En Autriche, le président Van der Bellen ne chancelle pas

publié le 3 juin 2019 à 20h46

En gérant depuis deux semaines une crise gouvernementale inédite, Alexander Van der Bellen, le président dont on croyait le rôle purement symbolique, est la grande révélation du moment en Autriche. Il a repris en main la gestion de la République depuis la destitution du chancelier Sebastian Kurz, le 27 mai, avec une adresse souveraine.

Lundi, l’ancien chef des Verts a intronisé un gouvernement technique intérimaire. Il reviendra à celui-ci d’expédier les affaires courantes, en attendant qu’un nouveau chancelier sorte des urnes, après les législatives anticipées décidées après le scandale dit «d’Ibiza» et attendues pour septembre.
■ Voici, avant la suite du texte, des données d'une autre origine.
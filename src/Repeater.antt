-- ===== src/Repeater.antt =====
-- modules/mod_repeater.c: the repeater's state machine. Its state holds the module's variables, and
-- of the core what it calls: the PTT count, the timer table and the clock. Events and queue calls are
-- recorded in `out`, oldest first.
pub mod Handlers
pub mod Config
pub mod Runs
pub mod PttCount
pub mod TimeOut
pub mod Hang
use kerchunk.Prelude.{
  ℕ, zero, suc, ◌+◌, ◌≡◌, Bool, true, false, not, ◌&&◌, ◌||◌, ℤ, pos, negsuc, ◌==◌, if◌then◌else◌,
  List, [], ◌∷◌, ◌++◌, Option, none, some,
}
use kerchunk.Timer.{Timers, create, cancel}
use kerchunk.Core.Ptt.{Ptt, request_ptt, release_ptt}

-- `RPT_IDLE` to `RPT_BRIDGING`
pub data RptState : Type 0 where
  idle receiving tail_wait hang_wait rx_timeout bridging : RptState

abbrev pub state_code : RptState → ℕ
state_code idle = 0
state_code receiving = 1
state_code tail_wait = 2
state_code hang_wait = 3
state_code rx_timeout = 4
state_code bridging = 5

unfoldable pub same_state : RptState → RptState → Bool
same_state a b = state_code a == state_code b

-- The module's timer callbacks.
pub data Expiry : Type 0 where
  tail_expires tot_expires debounce_expires : Expiry

-- The configuration, after its limits.
pub record Settings : Type 0 where
  pub tail_time_ms : ℤ
  pub hang_time_ms : ℤ
  pub tot_time_ms : ℤ
  pub tot_warn_hz : ℕ
  pub cor_debounce_ms : ℤ
  pub require_id : Bool
  pub software_relay : Bool

-- `RX_STATE_CHANGE`, `TAIL_EXPIRE`, `TAIL_START` and `RX_TIMEOUT` events, the time-out tone and the
-- "access denied" prompt.
pub data RptOut : Type 0 where
  state_changed : RptState → RptState → RptOut
  tail_expire tail_start timed_out access_denied : RptOut
  warn_tone : ℕ → RptOut

pub record Rpt : Type 0 where
  pub state : RptState
  pub tail_timer : ℤ
  pub hang_timer : ℤ
  pub tot_timer : ℤ
  pub debounce_timer : ℤ
  pub settings : Settings
  pub caller_identified : Bool
  pub emergency : Bool
  pub timers : Timers Expiry
  pub ptt : Ptt
  pub now : ℕ
  pub out : List RptOut

-- `g_..._timer >= 0`
unfoldable pub is_live : ℤ → Bool
is_live (pos n) = true
is_live (negsuc n) = false

-- The id of no timer, -1.
abbrev pub no_timer : ℤ
no_timer = negsuc 0

unfoldable pub emit : RptOut → Rpt → Rpt
emit o w = record w { out = w.out ++ (o ∷ []) }

-- `change_state`
unfoldable pub change_state : RptState → Rpt → Rpt
change_state new w =
    if same_state new w.state
    then w
    else record w { state = new; out = w.out ++ (state_changed w.state new ∷ []) }

-- `g_core->request_ptt("repeater")` and `g_core->release_ptt("repeater")` under `g_software_relay`
unfoldable pub hold_ptt : Rpt → Rpt
hold_ptt w = if w.settings.software_relay then record w { ptt = request_ptt w.ptt } else w

unfoldable pub drop_ptt : Rpt → Rpt
drop_ptt w = if w.settings.software_relay then record w { ptt = release_ptt w.ptt } else w

-- `g_core->timer_cancel(id)` where the id is one.
unfoldable pub stop_timer : ℤ → Rpt → Rpt
stop_timer id w = if is_live id then record w { timers = cancel id w.timers } else w

-- `g_core->timer_create(ms, 0, cb, NULL)`, into each of the variables.
unfoldable pub start_tail : Rpt → Rpt
start_tail w =
    let (t, id) = create w.settings.tail_time_ms false (some tail_expires) w.now w.timers in
    record w { timers = t; tail_timer = id }

unfoldable pub start_hang : Rpt → Rpt
start_hang w =
    let (t, id) = create w.settings.hang_time_ms false (some tail_expires) w.now w.timers in
    record w { timers = t; hang_timer = id }

unfoldable pub start_tot : Rpt → Rpt
start_tot w =
    let (t, id) = create w.settings.tot_time_ms false (some tot_expires) w.now w.timers in
    record w { timers = t; tot_timer = id }

unfoldable pub start_debounce : ℤ → Rpt → Rpt
start_debounce ms w =
    let (t, id) = create ms false (some debounce_expires) w.now w.timers in
    record w { timers = t; debounce_timer = id }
Il y a deux semaines, la parution d’une vidéo compromettante, tournée en 2017 aux Baléares, a provoqué la chute du vice-chancelier de Kurz, Heinz-Christian Strache, puis du gouvernement de coalition avec le parti de celui-ci, le FPÖ (extrême droite), et enfin de Sebastian Kurz lui-même. La motion de censure qui l’a emporté a également renvoyé dans les cordes un premier gouvernement transitoire, que Kurz avait tenté de proposer.
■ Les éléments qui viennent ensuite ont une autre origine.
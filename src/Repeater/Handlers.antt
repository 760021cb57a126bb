-- ===== src/Repeater/Handlers.antt =====
-- The timer callbacks, event handlers and unloading of modules/mod_repeater.c.
use kerchunk.Prelude.{
  Bool, true, false, not, ◌&&◌, ◌||◌, ℤ, pos, is_pos, ltb_ℤ, if◌then◌else◌, List, [], ◌∷◌,
}
use kerchunk.Repeater.{
  RptState, idle, receiving, tail_wait, hang_wait, rx_timeout, bridging, same_state, Settings,
  tail_expire, tail_start, timed_out, access_denied, warn_tone, Rpt, is_live, no_timer, emit,
  change_state, hold_ptt, drop_ptt, stop_timer, start_tail, start_hang, start_tot, start_debounce,
}

-- `tail_expired`
unfoldable pub tail_expired_in : RptState → Rpt → Rpt
tail_expired_in tail_wait w = start_hang (change_state hang_wait (emit tail_expire w))
tail_expired_in hang_wait w = change_state idle (drop_ptt (record w { hang_timer = no_timer }))
tail_expired_in _ w = w

unfoldable pub tail_expired : Rpt → Rpt
tail_expired w = tail_expired_in w.state (record w { tail_timer = no_timer })

-- `start_receiving`
unfoldable pub start_receiving : Rpt → Rpt
start_receiving w =
    let w1 = change_state receiving (hold_ptt w) in if not w1.emergency then start_tot w1 else w1

-- `debounce_expired`
unfoldable pub debounce_expired : Rpt → Rpt
debounce_expired w =
    let w1 : Rpt = record w { debounce_timer = no_timer } in
    if not (same_state w1.state idle)
    then w1
    else (if w1.settings.require_id && not w1.caller_identified
        then emit access_denied w1
        else start_receiving w1)

-- `tot_expired`
unfoldable pub tot_expired : Rpt → Rpt
tot_expired w =
    let w1 : Rpt = record w { tot_timer = no_timer } in
    if w1.emergency
    then w1
    else change_state rx_timeout (emit timed_out (emit (warn_tone w1.settings.tot_warn_hz) w1))

-- The debounce time of `on_cor_assert`.
unfoldable pub debounce_ms : Settings → ℤ
debounce_ms s =
    if s.require_id && ltb_ℤ s.cor_debounce_ms (pos 500) then pos 500 else s.cor_debounce_ms

-- `on_cor_assert`
unfoldable pub on_cor_assert_in : RptState → Rpt → Rpt
on_cor_assert_in idle w =
    let w1 : Rpt = record w { caller_identified = false } in
    if is_pos w1.settings.cor_debounce_ms || w1.settings.require_id
    then start_debounce (debounce_ms w1.settings) (stop_timer w1.debounce_timer w1)
    else start_receiving w1
on_cor_assert_in tail_wait w = change_state receiving (
    if is_live w.tail_timer
    then record (stop_timer w.tail_timer w) { tail_timer = no_timer }
    else w)
on_cor_assert_in hang_wait w =
    let w1 = change_state receiving (
      if is_live w.hang_timer
      then record (stop_timer w.hang_timer w) { hang_timer = no_timer }
      else w) in
    start_tot (stop_timer w1.tot_timer w1)
on_cor_assert_in _ w = w

unfoldable pub on_cor_assert : Rpt → Rpt
on_cor_assert w = on_cor_assert_in w.state w

-- The switch of `on_cor_drop`.
unfoldable pub on_cor_drop_in : RptState → Rpt → Rpt
on_cor_drop_in receiving w =
    let w1 : Rpt =
      (if is_live w.tot_timer
        then record (stop_timer w.tot_timer w) { tot_timer = no_timer }
        else w) in
    emit tail_start (start_tail (change_state tail_wait w1))
on_cor_drop_in rx_timeout w = change_state idle (drop_ptt w)
on_cor_drop_in _ w = w

-- `on_cor_drop`
unfoldable pub on_cor_drop : Rpt → Rpt
on_cor_drop w =
    if is_live w.debounce_timer
    then record (stop_timer w.debounce_timer w) { debounce_timer = no_timer }
    else on_cor_drop_in w.state w

-- `on_link_rx_assert`
unfoldable pub on_link_rx_assert : Rpt → Rpt
on_link_rx_assert w = if same_state w.state idle then change_state bridging w else w

-- `on_link_rx_drop`
unfoldable pub on_link_rx_drop : Rpt → Rpt
on_link_rx_drop w = if same_state w.state bridging then change_state idle w else w

-- `on_caller_identified`
unfoldable pub on_caller_identified : Rpt → Rpt
on_caller_identified w = record w { caller_identified = true }

-- `on_caller_cleared`
unfoldable pub on_caller_cleared : Rpt → Rpt
on_caller_cleared w = if same_state w.state idle then record w { caller_identified = false } else w

-- Whether `repeater_unload` counts a state as one that holds PTT.
unfoldable pub unload_holds : RptState → Bool
unload_holds receiving = true
unload_holds tail_wait = true
unload_holds hang_wait = true
unload_holds _ = false

-- The four cancels of `repeater_unload`.
unfoldable pub stop_timers : Rpt → Rpt
stop_timers w =
    stop_timer w.debounce_timer
      (stop_timer w.tot_timer (stop_timer w.hang_timer (stop_timer w.tail_timer w)))

-- `repeater_unload`
unfoldable pub repeater_unload : Rpt → Rpt
repeater_unload w = let w1 = stop_timers w in if unload_holds w1.state then drop_ptt w1 else w1

-- What reaches the module while it is loaded: the events it subscribes to, its timers, and the core's
-- emergency flag as other modules set it.
pub data RptInput : Type 0 where
  cor_assert cor_drop link_rx_assert link_rx_drop caller_known caller_gone : RptInput
  tail_due hang_due tot_due debounce_due : RptInput
  emergency_set : Bool → RptInput

-- A timer calls back only while its id is kept: it is cancelled where a handler forgets it. The table
-- puts it out before the call.
unfoldable pub if_live : ℤ → (Rpt → Rpt) → Rpt → Rpt
if_live id f w = if is_live id then f (stop_timer id w) else w

unfoldable pub step : RptInput → Rpt → Rpt
step cor_assert w = on_cor_assert w
step cor_drop w = on_cor_drop w
step link_rx_assert w = on_link_rx_assert w
step link_rx_drop w = on_link_rx_drop w
step caller_known w = on_caller_identified w
step caller_gone w = on_caller_cleared w
step tail_due w = if_live w.tail_timer tail_expired w
step hang_due w = if_live w.hang_timer tail_expired w
step tot_due w = if_live w.tot_timer tot_expired w
step debounce_due w = if_live w.debounce_timer debounce_expired w
step (emergency_set on) w = record w { emergency = on }

unfoldable pub run : List RptInput → Rpt → Rpt
run [] w = w
run (i ∷ is) w = run is (step i w)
L’équipe qui devait prêter serment lundi a été choisie par le Président. C’est une prérogative exceptionnelle : alors que Sebastian Kurz devenait le premier chancelier de la Seconde République autrichienne renversé par des députés, Alexander Van der Bellen, 75 ans, est le premier président à nommer lui-même un gouvernement. Pour le diriger, il a finalement opté, en accord avec les partis au Parlement, pour une ancienne présidente de la Cour constitutionnelle, Brigitte Bierlein.

Ce choix d’une femme, la première chancelière pour la république alpine, est un geste symbolique. Ce n’est pas la seule étincelle que l’ancien professeur d’économie a produite ces derniers jours. Alors que le ministre de l’Intérieur sortant, le très controversé Herbert Kickl du FPÖ, avait, juste avant sa destitution, nommé un de ses hommes de confiance à la tête de la Sécurité publique, Van der Bellen a refusé cette nomination.

Ce genre d'actions tout au long de la crise lui ont valu une large approbation. «Chance historique pour la République, ce président mène la barque autrichienne avec clairvoyance et élégance», écrivait ainsi Claus Pándi, rédacteur en chef du quotidien Kronen Zeitung, mercredi.

Oubliée, la déception éprouvée par de nombreux soutiens de Van der Bellen lors de ses débuts, jugés trop frileux. Au fil des mois, le nouveau chef de l'Etat avait donné l'impression qu'il n'interviendrait pas dans la politique du gouvernement droite-extrême droite élu en décembre 2017. C'est cette parcimonie prudente qui inspire actuellement confiance aux citoyens. De sa voix usée par les cigarettes, le vieux professeur a délivré des allocutions télévisées d'un ton ferme, mais rassurant, allant jusqu'à vanter «l'élégance, la beauté de notre Constitution», qui garantirait un cadre solide à l'actuelle période de transition. Pendant sa campagne présidentielle de 2016, Van der Bellen avait plaidé pour une utilisation réduite des pouvoirs dévolus au Président. Il s'y est jusqu'ici tenu. Mais aujourd'hui, «il est bien possible que son rôle soit renforcé», note Reinhard Pickl-Herk, son attaché de presse.